Forcing readers to wade through an unceasing string of LLM clichés demonstrates the opposite of the point you’re trying to make—that the consumers of your work are worse off because you exercised no human judgment in creating it.
angrydev 40 minutes ago
Published Feb 11, 2026
darepublic 56 minutes ago
Codex pushed an update that made my old threads inaccessible. This takes a million of lines to put out a half baked crud app?
drchaim 46 minutes ago
But this is almost what we have been doing for the last 3/5 months, isn’t?
[-]
- fbrncci 29 minutes ago
  Well to a lot of people this is still a foreign concept.

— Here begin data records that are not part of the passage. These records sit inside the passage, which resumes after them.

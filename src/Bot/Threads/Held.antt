-- ===== src/Bot/Threads/Held.antt =====
-- What holds of the session and of what is reported at each place of the loop.
use minecraft_afk_bot.Bot.Loop
use minecraft_afk_bot.Bot.Session.Link.{observe_all, down}
use minecraft_afk_bot.Bot.Session.Result.{is_session_ended}
use minecraft_afk_bot.Bot.Session.Steps.{Stage, over, Progress}
use minecraft_afk_bot.Bot.Session.Steps.Calls.{has_spawned}
use minecraft_afk_bot.Bot.Session.Steps.Course.{Of}
use minecraft_afk_bot.Bot.System.{
  Place, admitting, in_session, ended, reported, observed, released, System, allowed, gate_in,
  on_gate,
}
use minecraft_afk_bot.Bot.System.Fits.{
  EnsuredWorld, Kept, step-Kept, Outside, step-Outside, allowed-outside, EnsuredWorld-map,
}
use minecraft_afk_bot.Bot.System.Places.{may_report}
use minecraft_afk_bot.Bot.Threads.{Threads, with_session}
use minecraft_afk_bot.Bot.Threads.Runs.{Ensured}
use minecraft_afk_bot.Gophertunnel.{Constants}
use minecraft_afk_bot.Mcproto.{Protocol}
use minecraft_afk_bot.Presence.Api.{Api}
use minecraft_afk_bot.Presence.Gate
use minecraft_afk_bot.Presence.Gate.{World}
use minecraft_afk_bot.Prelude.{
  ℕ, ◌≡◌, ◌∙◌, Bool, true, false, ◌&&◌, List, Option, none, some, inl, inr, count,
}

-- The session has no connection open.
abbrev pub IsShut : {Position : Type 0} → Progress Position → Type 0
IsShut s = (observe_all down s.actions).is_open ≡ false

-- A session that has returned, or is about to return, no error has found its context ended; so does
-- the loop.
abbrev pub Explained : Place → Bool → Stage → Type 0
Explained in_session done stage = stage ≡ over none → done ≡ true
Explained (ended none lasted) done stage = done ≡ true
Explained (reported none lasted) done stage = done ≡ true
Explained (observed none lasted parked) done stage = parked ≡ true
Explained (released none lasted parked) done stage = parked ≡ true
Explained _ done stage = Unit

pub Explained-later :
    (p : Place) (done later : Bool) (stage : Stage)
    → (done ≡ true → later ≡ true)
    → Explained p done stage
    → Explained p later stage
Explained-later in_session done later stage f h = λ e. f (h e)
Explained-later (ended none lasted) done later stage f h = f h
Explained-later (reported none lasted) done later stage f h = f h
Explained-later (observed none lasted parked) done later stage f h = h
Explained-later (released none lasted parked) done later stage f h = h
Explained-later _ done later stage f h = tt

module _ (api : Api) where
  Explained-admitting :
      (o : Option World) (stage : Stage)
      → EnsuredWorld api (λ w. Explained admitting w.session_done stage) o
  Explained-admitting none stage = tt
  Explained-admitting (some w) stage = tt

  gate-Explained :
      (p : Place) (g : Gate.Step) (w : World) (stage : Stage)
      → allowed p g ≡ true
      → Explained p w.session_done stage
      → EnsuredWorld api (λ u. Explained p u.session_done stage) (Gate.step api g w)
  gate-Explained p g w stage a h = elim (allowed-outside api p g a) [
    | inl e ↦ rw e (Explained-admitting (Gate.step api g w) stage)
    | inr o ↦
        EnsuredWorld-map api (Outside w) (λ u. Explained p u.session_done stage) (Gate.step api g w)
          (λ u out. Explained-later p w.session_done u.session_done stage out.1 h)
          (step-Outside api g w o)
  ]

module _ {Position Schema : Type 0} (k : Constants) (v : ℕ) (baked : Protocol Schema) where
  -- The session while the loop is in it, and behind it.
  abbrev pub Held : Place → Progress Position → Type 0
  Held in_session s = Of k v baked s
  Held _ s = IsShut s

  -- Of threads whose loop is at `p`.
  pub record At (p : Place) (w : World) (done : List Loop.Action) (s : Progress Position)
      : Type 0 where
    pub told : w.reconciler.connected ≡ (may_report p && has_spawned s.actions)
    pub held : Held p s
    pub explained : Explained p w.session_done s.stage
    pub quiet : count is_session_ended done ≡ 0

  abbrev pub Inv : Threads Position → Type 0
  Inv t = At t.system.place t.system.world t.system.done t.session

  module _ (api : Api) where
    on_gate-Inv :
        (s : Progress Position) (y : System) (o : Option World)
        → Inv (record { system = y; session = s })
        → EnsuredWorld api (λ u. Explained y.place u.session_done s.stage) o
        → EnsuredWorld api (Kept api y.world) o
        → Ensured Inv (with_session s (on_gate y o))
    on_gate-Inv s y none h explained kept = tt
    on_gate-Inv s y (some w) h explained kept = record {
      told = kept ∙ h.told;
      held = h.held;
      explained = explained;
      quiet = h.quiet;
    }

    -- The gate, the poller and the watcher keep it.
    pub gate_in-Inv :
        (g : Gate.Step) (b : Bool) (t : Threads Position)
        → allowed t.system.place g ≡ b
        → Inv t
        → Ensured Inv (with_session t.session (gate_in api g b t.system))
    unfolding gate_in
    gate_in-Inv g false t a h = tt
    gate_in-Inv g true t a h =
        on_gate-Inv t.session t.system (Gate.step api g t.system.world) h
          (gate-Explained api t.system.place g t.system.world t.session.stage a h.explained)
          (step-Kept api g t.system.world)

- wilsonnb3 45 minutes ago
  Article is from February so that tracks
Sarkie 59 minutes ago
I would never dare put that in production
jlintc 56 minutes ago
[flagged]
knicholes 51 minutes ago
Everyone is criticizing the number of lines of code and the lack of attention that must certainly have been applied to generate that code and push it into production. What is being ignored is this awesome prompt that is almost certainly better than having no agents.md or plans.md or whatever you've come up with, to add validation steps for committed changes. You're still free to look at your code, the changes, and ask the agent to clean up. Try it. It's really nice.